Biodynamics cultivates biodiversity: A diverse farm made up of many different animals and crops helps boost the health and resilience of the whole organism. 

Brings plants and animals together and treats animals with respect: In a natural ecosystem, you’ll find that plants and animals exist together in harmony, so they support and balance the system as a whole. 

Compost is enlivened with biodynamic preparations: Six preparations made of yarrow, chamomile, stinging nettle, oak bark, dandelion, and valerian are used to encourage the growth of beneficial bacterial and fungi and add minerals and nutrients the soil needs to grow healthy plants. 

Works in rhythm with the earth and cosmos: The cycles of the earth, moon, sun, planets, and stars influence the growth and development of plants and animals. Biodynamic growers are in tune with the rhythms of the cosmos. 

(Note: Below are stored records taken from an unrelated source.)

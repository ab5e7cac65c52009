-- ===== src/Schema/Ends/Compile.antt =====
-- rdb-analyzer/src/schema/compile.rs: `compile` on items whose types have no parameters.
use refine_db.Prelude.{
  ℕ, suc, ◌+◌, ◌<◌, ◌≤◌, not, String, List, [], ◌∷◌, length, All, Dict, lookup, insert,
  lookup-insert_cases, contains_key, ok, err, inl, inr, ◌≡◌, ◌≢◌, refl, arith,
}
use refine_db.Schema.{CompiledSchema, FieldType}
use refine_db.Schema.Ast.{TypeItem, SchemaItem, type_item, export_item}
use refine_db.Schema.Resolve.{
  Resolved, Unresolved, Compiled, panicked, failed, SchemaCompileError, collect_items,
  compile_exports, compile, duplicate_type, starts_upper,
  type_name_must_start_with_upper_case_letter, duplicate_export,
}
use refine_db.Schema.Ends.{
  Ends, returns, fails, panics, ◌⟫◌, Ends-weaken, Ends-guard, missing, missing-Keeps,
}
use refine_db.Schema.Ends.Types.{ArePlain, resolve_type_expr-Ends}
use refine_db.Schema.Outcome.{Outcome, returns as has_value, fails as has_failed, starves}
use refine_db.Schema.Compiled.{compile-IsClosed}

-- No item is a type with parameters.
abbrev pub HasNoParameters : SchemaItem → Type 0
HasNoParameters (type_item x) = x.generics ≡ []
HasNoParameters (export_item x) = Unit

length-insert :
    (n : String) (ty : TypeItem) (types : Unresolved)
    → length (insert n ty types) ≤ suc (length types)
unfolding insert
length-insert n ty [] = omega arith
length-insert n ty ((j, t) ∷ types) = ground (arith, length-insert n ty types)

insert-ArePlain :
    (n : String) (ty : TypeItem) (types : Unresolved)
    → ty.generics ≡ []
    → ArePlain types
    → ArePlain (insert n ty types)
insert-ArePlain n ty types here plain id t found =
    elim (lookup-insert_cases n id ty t types found) [
      | inl (_, same) ↦ rw (← same) here
      | inr (_, old) ↦ plain id t old
    ]

-- The types are plain, and no more than the items.
abbrev AreFew : ℕ → Unresolved → Type 0
AreFew n types = ArePlain types × (length types ≤ n)

collect_items-Ends :
    (items : List SchemaItem) (types : Unresolved) (n : ℕ)
    → All HasNoParameters items
    → AreFew n types
    → Ends (AreFew (n + length items)) (collect_items items types)
unfolding collect_items
collect_items-Ends [] types n plain few = returns (few.0, omega (arith, few.1))
collect_items-Ends (export_item x ∷ items) types n plain few =
    Ends-weaken (λ ts h. (h.0, omega (arith, h.1))) (collect_items-Ends items types n plain.1 few)
collect_items-Ends (type_item x ∷ items) types n plain few =
    Ends-guard (not (contains_key x.name types)) (duplicate_type x.name) ⟫ λ _ _.
    Ends-guard (starts_upper x.name) (type_name_must_start_with_upper_case_letter x.name) ⟫ λ _ _.
    Ends-weaken (λ ts h. (h.0, omega (arith, h.1)))
      (collect_items-Ends items (insert x.name x types) (suc n) plain.1 (
        insert-ArePlain x.name x types plain.0 few.0,
        omega (arith, few.1, length-insert x.name x types),
      ))

compile_exports-Ends :
    (fuel : ℕ) (types : Unresolved) (items : List SchemaItem) (exports : Dict FieldType)
    (st : Resolved)
    → ArePlain types
    → missing types st < fuel
    → Ends (λ _. Unit {0}) (compile_exports fuel types items exports st)
unfolding compile_exports
compile_exports-Ends fuel types [] exports st plain less = returns tt
compile_exports-Ends fuel types (type_item x ∷ items) exports st plain less =
    compile_exports-Ends fuel types items exports st plain less
compile_exports-Ends fuel types (export_item x ∷ items) exports st plain less =
    Ends-guard (not (contains_key x.table_name exports)) (duplicate_export x.table_name) ⟫ λ _ _.
    resolve_type_expr-Ends fuel types plain [] x.ty st less ⟫ λ (ty, st') keeps.
    compile_exports-Ends fuel types items (insert x.table_name ty exports) st' plain
      (omega (arith, less, missing-Keeps types st st' keeps))

missing-length : (types : Unresolved) → missing types [] ≤ length types
unfolding missing contains_key
missing-length [] = omega arith
missing-length ((id, t) ∷ types) = omega (arith, missing-length types)

-- What the program itself returns: a schema or one of its errors.
pub data Answers : Compiled CompiledSchema → Type 0 where
  compiled : (schema : CompiledSchema) → Answers (ok schema)
  refused : (e : SchemaCompileError) → Answers (err (failed e))

-- It neither runs out of fuel nor panics.
Ends-Answers :
    {P Q : CompiledSchema → Type 0} {r : Compiled CompiledSchema}
    → Ends P r
    → Outcome Q r
    → Answers r
Ends-Answers (returns {a} h) o = compiled a
Ends-Answers (fails {e}) o = refused e
Ends-Answers panics o = absurd (no_panic o refl)
  where
    no_panic :
        {P : CompiledSchema → Type 0} {r : Compiled CompiledSchema} → Outcome P r → r ≢ err panicked
    no_panic (has_value h) = λ e. cc
    no_panic has_failed = λ e. cc
    no_panic starves = λ e. cc

-- `compile` ends, with a schema or an error, on items none of which is a type with parameters: its
-- recursion through the fields of types is no deeper than there are items, however they refer to each
-- other.
pub compile_ends :
    (fuel : ℕ) (items : List SchemaItem)
    → All HasNoParameters items
    → length items < fuel
    → Answers (compile fuel items)
unfolding compile lookup
compile_ends fuel items plain enough =
    Ends-Answers {P = λ _. Unit {0}}
      (collect_items-Ends items [] 0 plain ((λ id ty found. cc), omega arith) ⟫ λ types few.
        compile_exports-Ends fuel types items [] [] few.0
          (omega (arith, enough, few.1, missing-length types))
        ⟫ λ (exports, st) _. returns tt)
      (compile-IsClosed fuel items)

Approaches pests and diseases holistically: Disease and pest problems are a sign of the farm’s health. Problems usually indicate an imbalance in the system as a whole and BDF practices encourage natural holistic ways to manage and bring the system back to balance. For example, when farms experience snail problems, ducks are brought in to take care of the slimy buggers!

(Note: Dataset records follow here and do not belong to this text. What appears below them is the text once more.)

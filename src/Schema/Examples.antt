-- ===== src/Schema/Examples.antt =====
-- Recursive schemas, one with a generic type, compiled.
use refine_db.Prelude.{
  String, List, [], ◌∷◌, ◌≡◌, refl, contains_key, ok, lookup, insert, some, arith,
}
use refine_db.Value.{PrimitiveType}
use refine_db.Schema.{
  SpecializedType, CompiledSchema, table, primitive, set, primary_key, is_index_annotation,
  is_unique_annotation, is_primary_annotation, any, lookup_indexed_field,
}
use refine_db.Schema.Ast.{
  Annotation, TypeExpr, unit, specialize, no_expr, expr, TypeField, TypeItem, SchemaItem, type_item,
  export_item,
}
use refine_db.Schema.Resolve.{
  compile, collect_items, compile_exports, resolve_type_expr, resolve_expr, resolve_name,
  resolve_item, resolve_fields, resolve_set, set_fields, bind_args, annotation_of, annotations_of,
  primary_key_count, primitive_types, starts_upper, repr_of, join, display, display_primitive,
}
use refine_db.Schema.Outcome.{Outcome}
use refine_db.Schema.Compiled.{IsClosed, compile-IsClosed}
use refine_db.Schema.Indexed.{IsLookup, lookup_indexed_field-IsLookup}
use refine_db.Schema.Ends.Compile.{Answers, compile_ends}

abbrev pub field : List Annotation → String → TypeExpr → TypeField
field anns name e = record { annotations = anns; name = name; value = e }

abbrev pub primary : List Annotation
primary = record { name = "primary"; args = [] } ∷ []

-- type Pair<T> { first: T, second: T }
abbrev pub pair_item : TypeItem
pair_item = record {
  name = "Pair";
  generics = "T" ∷ [];
  fields = field [] "first" (unit "T") ∷ field [] "second" (unit "T") ∷ [];
}

-- type Item { @primary id: string, parent: Item, span: Pair<int64> }
abbrev pub item_item : TypeItem
item_item = record {
  name = "Item";
  generics = [];
  fields =
      field primary "id" (unit "string")
      ∷ field [] "parent" (unit "Item")
      ∷ field [] "span" (specialize "Pair" (expr (unit "int64") no_expr))
      ∷ [];
}

-- export set<Item> items
abbrev pub items : List SchemaItem
items =
    type_item pair_item
    ∷ type_item item_item
    ∷ export_item
        (record { ty = specialize "set" (expr (unit "Item") no_expr); table_name = "items" })
    ∷ []

abbrev pub item_type : SpecializedType
item_type = record {
  name = "Item<>";
  fields =
      ("id", (primitive PrimitiveType.string, primary_key ∷ []))
      ∷ ("parent", (table "Item<>", []))
      ∷ ("span", (table "Pair<int64>", []))
      ∷ [];
}

abbrev pub pair_type : SpecializedType
pair_type = record {
  name = "Pair<int64>";
  fields =
      ("first", (primitive PrimitiveType.int64, []))
      ∷ ("second", (primitive PrimitiveType.int64, []))
      ∷ [];
}

abbrev pub schema : CompiledSchema
schema = record {
  types = ("Item<>", item_type) ∷ ("Pair<int64>", pair_type) ∷ [];
  exports = ("items", set (table "Item<>")) ∷ [];
}

pub compile-items : compile 3 items ≡ ok schema
unfolding compile collect_items contains_key starts_upper insert compile_exports resolve_type_expr
    resolve_expr resolve_name lookup primitive_types resolve_item resolve_fields bind_args
    annotations_of any is_primary_annotation repr_of annotation_of display display_primitive join
    primary_key_count resolve_set set_fields is_index_annotation is_unique_annotation
compile-items = refl

compile-IsClosed_example : Outcome IsClosed (compile 3 items)
compile-IsClosed_example = compile-IsClosed 3 items

-- type User { last: Post }, type Post { author: User }, export User admin
abbrev plain_items : List SchemaItem
plain_items =
    type_item (record { name = "User"; generics = []; fields = field [] "last" (unit "Post") ∷ [] })
    ∷ type_item
        (record { name = "Post"; generics = []; fields = field [] "author" (unit "User") ∷ [] })
    ∷ export_item (record { ty = unit "User"; table_name = "admin" })
    ∷ []

compile_ends_example : Answers (compile 4 plain_items)
compile_ends_example = compile_ends 4 plain_items (refl, (refl, (tt, tt))) (omega arith)

item_type_is_found : lookup "Item<>" schema.types ≡ some item_type
unfolding lookup
item_type_is_found = refl

lookup_indexed_field-IsLookup_example :
    IsLookup item_type "id" (lookup_indexed_field item_type "id")
lookup_indexed_field-IsLookup_example =
    lookup_indexed_field-IsLookup 3 items schema "Item<>" "id" item_type compile-items
      item_type_is_found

Biodynamics offers many regenerative solutions for the future: As more farms incorporate BDF practices, the hope is to nurture the earth back to health and become stewards of Mother Earth.

 Compost tea recipe//

Incorporate BDF practices in your own garden! Instead of dumping the nutrient-deficient soil, feed the soil using this recipe for both in-ground amendments and container gardening. Our manufacturing specialist and herbalist Isabella shares her favorite recipe for compost tea that she and her partner, Sam of Tookey Farms, use when amending their soil. 

In a five gallon bucket add:
– 2 cups of compost
– 2 cups of worm castings
– 1 cup alfalfa 
Add the ingredients to the bucket and fill with water leaving enough room to add an aerator into the bucket to allow bubbles. Then bubble for 24 hours. (Any aerator for a 5-10 gallon fish tank will do!)

What this does is circulate the water and ingredients and oxygenating it together creating a nutrient rich “tea” you use for any depleted soil. Not all plants need compost tea. You may use the tea once a month feeding any plants you might consume: vegetables, culinary herbs and medicinal plants like skullcap, nettles, oats, horsetail and mints.

At the micro-farm//

We’re in the very early stages of exploring BDF, so we’re by no means experts in this field but we’re excited to share our learnings as we incorporate these practices into our micro-farm. So far we planted our rose geranium starts and sowed our chamomile seeds the day after the full moon. We’ve been working on amending and fertilizing the soil to provide a healthy medium for our plants to grow in. Emily, our new farmer, has been digging up the starts of calendula that have volunteered themselves throughout the garden and compiling them in one area. We’re doing the same with our volunteer yarrow and chamomile as well. It’s exciting because we’re saving every single plant on the farm! 


Our fast-paced world is reaction-based, tending to favor quick fixes. At Botnia, we believe the earth’s in dire need of long-term solutions that will help its longevity and sustainability. Biodynamic farming isn’t the easiest way, but it’s a meaningful, holistic approach that’s completely worth it to create a healthy farm, healthy skincare, and a healthier earth. We’ll continue to share our experience using Biodynamic Practices and share our wins and challenges along the way!